The full set of records below is to be reproduced without a single alteration.

------------------------------

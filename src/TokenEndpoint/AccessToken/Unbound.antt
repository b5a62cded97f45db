-- ===== src/TokenEndpoint/AccessToken/Unbound.antt =====
-- A code from which only a refresh token may be minted.
use idpy_oidc.Base.{
  ℕ, ◌≡◌, refl, inl, inr, Bool, true, false, List, String, arith, contains, Option-cases,
}
use idpy_oidc.Session.Token.{supports_minting}
use idpy_oidc.Session.Grant.{Heap, Grant}
use idpy_oidc.TokenEndpoint.{Endpoint, Fresh, unbound_local_error}
use idpy_oidc.TokenEndpoint.AccessToken.{failed, Session, refresh_part, access_part, answer}
use idpy_oidc.TokenEndpoint.Request.{AccessTokenRequest}

module _ (e : Endpoint) (now : ℕ) (access refresh : Fresh) (session : Session) (p : ℕ) where
  -- Where the code may not be exchanged for an access token but may be for a refresh token, and
  -- offline access is in the scope, the request ends in the exception for an unbound name, and the
  -- code, with its uses, is as it was.
  pub answer_unbound :
      (wanted : Bool) (token_type : String) (scope : List String) (req : AccessTokenRequest)
      (h : Heap) (g : Grant)
      → supports_minting (h.at p) "access_token" ≡ false
      → supports_minting (h.at p) "refresh_token" ≡ true
      → contains "offline_access" scope ≡ true
      → answer e now access refresh session p wanted token_type scope req h g
        ≡ (failed unbound_local_error, h, g)
  unfolding answer access_part refresh_part supports_minting
  answer_unbound wanted token_type scope req h g refused allowed offline =
      elim (Option-cases (h.at p).usage_rules.supports_minting) [
        | inl f ↦ absurd (ground (arith, f, allowed))
        | inr (l, f) ↦
            let a : contains "access_token" l ≡ false = ground (arith, f, refused) in
            let r : contains "refresh_token" l ≡ true = ground (arith, f, allowed) in
            rw (f, a, r, offline, answer) refl
      ]
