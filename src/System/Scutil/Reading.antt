-- ===== src/System/Scutil/Reading.antt =====
-- src/proxylib/system/_darwin.py: that reading the dump of `scutil` ends, and what it takes for an exception.
use proxylib.Prelude.{
  ℕ, ◌+◌, ◌≤◌, ◌≡◌, Bool, false, Option, none, some, List, [], ◌∷◌, length, All, if◌then◌else◌,
}
use proxylib.Python.Exec.{Result, ok}
use proxylib.Python.Text.{Text, text, strip, cut}
use proxylib.System.Scutil.{Fields, empty, field, opens_block, max_str_digits}

-- a line opens a block, by its key and what follows
abbrev opens_at : Option (Text × Text) → Bool
opens_at none = false
opens_at (some (key, rest)) = opens_block (strip rest)

abbrev pub opens : Text → Bool
opens line = opens_at (cut (text ":") (strip line))

-- the key that a line has
abbrev key_at : Option (Text × Text) → Text
key_at none = []
key_at (some (key, rest)) = strip key

abbrev pub key_in : Text → Text
key_in line = key_at (cut (text ":") (strip line))

-- how many lines open a block
abbrev pub blocks : List Text → ℕ
blocks [] = 0
blocks (line ∷ lines) = (if opens line then 1 else 0) + blocks lines

abbrev pub ShortKey : Text → Type 0
ShortKey line = length (key_in line) ≤ max_str_digits

-- the keys of a block can be read as numbers where they are made of digits
abbrev ShortKeys : Fields → Type 0
ShortKeys empty = Unit
ShortKeys (field k v fs) = (length k ≤ max_str_digits) × ShortKeys fs

-- the block was read, and its reader left some of the lines that there were
record Rest (left lines : List Text) : Type 0 where
  fewer : length left ≤ length lines
  flatter : blocks left ≤ blocks lines
  short : All ShortKey left

abbrev Reads : Option (Result (Fields × List Text)) → List Text → Type 0
Reads r lines =
    (fields : Fields) × (left : List Text) × (r ≡ some (ok (fields, left)))
    × ShortKeys fields
    × Rest left lines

------------------------------

■ SOLUTION TO THE EXERCISE:
filename src/TokenEndpoint/AccessToken/Unbound.antt
repository b5a62cded97f45db
-- ===== src/TokenEndpoint/AccessToken/Unbound.antt =====
-- A code from which only a refresh token may be minted.
use idpy_oidc.Base.{
  ℕ, ◌≡◌, refl, inl, inr, Bool, true, false, List, String, arith, contains, Option-cases,
}
use idpy_oidc.Session.Token.{supports_minting}
use idpy_oidc.Session.Grant.{Heap, Grant}
use idpy_oidc.TokenEndpoint.{Endpoint, Fresh, unbound_local_error}
use idpy_oidc.TokenEndpoint.AccessToken.{failed, Session, refresh_part, access_part, answer}
use idpy_oidc.TokenEndpoint.Request.{AccessTokenRequest}

module _ (e : Endpoint) (now : ℕ) (access refresh : Fresh) (session : Session) (p : ℕ) where
  -- Where the code may not be exchanged for an access token but may be for a refresh token, and
  -- offline access is in the scope, the request ends in the exception for an unbound name, and the
  -- code, with its uses, is as it was.
  pub answer_unbound :
      (wanted : Bool) (token_type : String) (scope : List String) (req : AccessTokenRequest)
      (h : Heap) (g : Grant)
      → supports_minting (h.at p) "access_token" ≡ false
      → supports_minting (h.at p) "refresh_token" ≡ true
      → contains "offline_access" scope ≡ true
      → answer e now access refresh session p wanted token_type scope req h g
        ≡ (failed unbound_local_error, h, g)
  unfolding answer access_part refresh_part supports_minting
  answer_unbound wanted token_type scope req h g refused allowed offline =
      elim (Option-cases (h.at p).usage_rules.supports_minting) [
        | inl f ↦ absurd (ground (arith, f, allowed))
        | inr (l, f) ↦
            let a : contains "access_token" l ≡ false = ground (arith, f, refused) in
            let r : contains "refresh_token" l ≡ true = ground (arith, f, allowed) in
            rw (f, a, r, offline, answer) refl
      ]
filename src/System/Scutil/Reading.antt
-- ===== src/System/Scutil/Reading.antt =====
-- src/proxylib/system/_darwin.py: that reading the dump of `scutil` ends, and what it takes for an exception.
use proxylib.Prelude.{
  ℕ, ◌+◌, ◌≤◌, ◌≡◌, Bool, false, Option, none, some, List, [], ◌∷◌, length, All, if◌then◌else◌,
}
use proxylib.Python.Exec.{Result, ok}
use proxylib.Python.Text.{Text, text, strip, cut}
use proxylib.System.Scutil.{Fields, empty, field, opens_block, max_str_digits}

-- a line opens a block, by its key and what follows
abbrev opens_at : Option (Text × Text) → Bool
opens_at none = false
opens_at (some (key, rest)) = opens_block (strip rest)

abbrev pub opens : Text → Bool
opens line = opens_at (cut (text ":") (strip line))

-- the key that a line has
abbrev key_at : Option (Text × Text) → Text
key_at none = []
key_at (some (key, rest)) = strip key

abbrev pub key_in : Text → Text
key_in line = key_at (cut (text ":") (strip line))

-- how many lines open a block
abbrev pub blocks : List Text → ℕ
blocks [] = 0
blocks (line ∷ lines) = (if opens line then 1 else 0) + blocks lines

abbrev pub ShortKey : Text → Type 0
ShortKey line = length (key_in line) ≤ max_str_digits

-- the keys of a block can be read as numbers where they are made of digits
abbrev ShortKeys : Fields → Type 0
ShortKeys empty = Unit
ShortKeys (field k v fs) = (length k ≤ max_str_digits) × ShortKeys fs

-- the block was read, and its reader left some of the lines that there were
record Rest (left lines : List Text) : Type 0 where
  fewer : length left ≤ length lines
  flatter : blocks left ≤ blocks lines
  short : All ShortKey left

abbrev Reads : Option (Result (Fields × List Text)) → List Text → Type 0
Reads r lines =
    (fields : Fields) × (left : List Text) × (r ≡ some (ok (fields, left)))
    × ShortKeys fields
    × Rest left lines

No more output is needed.